The following illustration shows how a card verification number appears on the back of a credit card.
You can decline transactions with any of these card verification results:
Card verification number not matched. The number that the customer provided does not match the number on the card.
Card verification number system unavailable. The card verification check is not working or is not available for this card type.
Card verification number not submitted. A number is printed on the card, but the customer did not provide it.
Card verification not supported by the card issuing bank.
Transaction Amount
You can choose the maximum dollar amount to allow in a single authorization. If a customer attempts to make a purchase for more than this amount, the authorization will be declined.

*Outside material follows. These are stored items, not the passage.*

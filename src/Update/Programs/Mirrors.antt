-- ===== src/Update/Programs/Mirrors.antt =====
-- The two loops of /updateDB one after the other, for any table: `names` is the list of its keys, and
-- `b` says whether the remote list, which the first loop visits, names the key `j`.
use kueued.Prelude.{
  Text, ◌==◌, eq_iff, eq_sound, ℕ, List, map, contains, Bool, true, false, not, ◌&&◌, ◌≡◌, sym, ◌∙◌,
  inl, inr, arith, Bool-cases, ◌⊎◌,
}
use mathlib.Core.Path.{subst}
use kueued.Update.Programs.{Prog, ask}
use kueued.Update.Programs.Rely.{Safe, Gives}
use kueued.Update.Programs.Loops.{
  AllAt-contains, Safe-visits, Gives-visits, Gives-visits_later, Safe-deletions, Gives-deletions,
}
use kueued.Update.Programs.Request.{visits, deletions}

module _ {M Item : Type 0} (names : M → List Text) (del : Text → M → M)
    (visit : ℕ → Item → Prog M → Prog M) (id : Item → Text) (j : Text) (b : Bool)
    (deletes : (k : Text) (m : M)
      → contains j (names (del k m)) ≡ not (k == j) && contains j (names m)) where
  -- The table names the key if and only if `b`.
  abbrev Listed : M → Type 0
  Listed m = contains j (names m) ≡ b

  abbrev mirror : List Item → Prog M → Prog M
  mirror xs rest = visits visit 0 xs (ask λ m. deletions del (map id xs) (names m) rest)

  pub mirror-Safe :
      ((i : ℕ) (x : Item) (rest : Prog M)
        → ((id x == j) ≡ true → b ≡ true)
        → Safe Listed rest
        → Safe Listed (visit i x rest))
      → (xs : List Item) (rest : Prog M) → contains j (map id xs) ≡ b
      → Safe Listed rest
      → Safe Listed (mirror xs rest)
  mirror-Safe h xs rest named s =
      Safe-visits Listed visit id j (λ x. b ≡ true) h 0 xs _ (AllAt-contains id j b xs named)
        (λ m. (λ p. p, Safe-deletions Listed del (map id xs) dropped (names m) rest s))
    where
      dropped : (k : Text) (m : M) → contains k (map id xs) ≡ false → Listed m → Listed (del k m)
      dropped k m unkept p = elim (Bool-cases (k == j)) [
        | inl e ↦
            let unlisted : contains j (map id xs) ≡ false =
              subst (λ x. contains x (map id xs) ≡ false) (eq_sound k j e) unkept in
            ground (arith, deletes k m)
        | inr e ↦ ground (arith, deletes k m)
      ]

  pub mirror-Gives :
      ((i : ℕ) (x : Item) (rest : Prog M) → Gives Listed rest → Gives Listed (visit i x rest))
      → ((i : ℕ) (x : Item) (rest : Prog M)
          → b ≡ true
          → (id x == j) ≡ true
          → Gives Listed (visit i x rest))
      → (xs : List Item) (rest : Prog M) → contains j (map id xs) ≡ b
      → Gives Listed (mirror xs rest)
  mirror-Gives pass own xs rest named = elim (Bool-cases b) [
    | inl yes_j ↦
        Gives-visits Listed visit id j (λ x. b ≡ true) pass (λ i x next e p. own i x next p e) 0 xs
          _ (AllAt-contains id j b xs named) (named ∙ yes_j)
    | inr no_j ↦ Gives-visits_later Listed visit id j pass 0 xs _ (λ m. cleared no_j m)
  ]
    where
      cleared :
          b ≡ false → (m : M) → Listed m ⊎ Gives Listed (deletions del (map id xs) (names m) rest)
      cleared no_j m = elim (Bool-cases (contains j (names m))) [
        | inl e ↦ inr (
            Gives-deletions Listed del (map id xs) j (λ n. gone no_j n) (named ∙ no_j) (names m)
              rest e)
        | inr e ↦ inl (e ∙ sym no_j)
      ]
        where
          gone : b ≡ false → (n : M) → Listed (del j n)
          gone no_j n = ground (arith, deletes j n, eq_iff j j)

Advanced Smart Authorization Features
In addition, if you are signed up for Advanced Smart Authorization, you can use additional fraud control tools. Advanced Smart Authorization performs additional tests on each order to identify all of the following conditions, which increase an order’s risk:
Obscenities or nonsensical input, such as the customer’s last name entered as zqmmz.
Billing or shipping address not verified or that do not match.
USA PATRIOT Act compliance. The person or organization placing the order or the country in the shipping address are on a list of denied parties or places to whom the United States prohibits commercial sale according to the USA PATRIOT Act.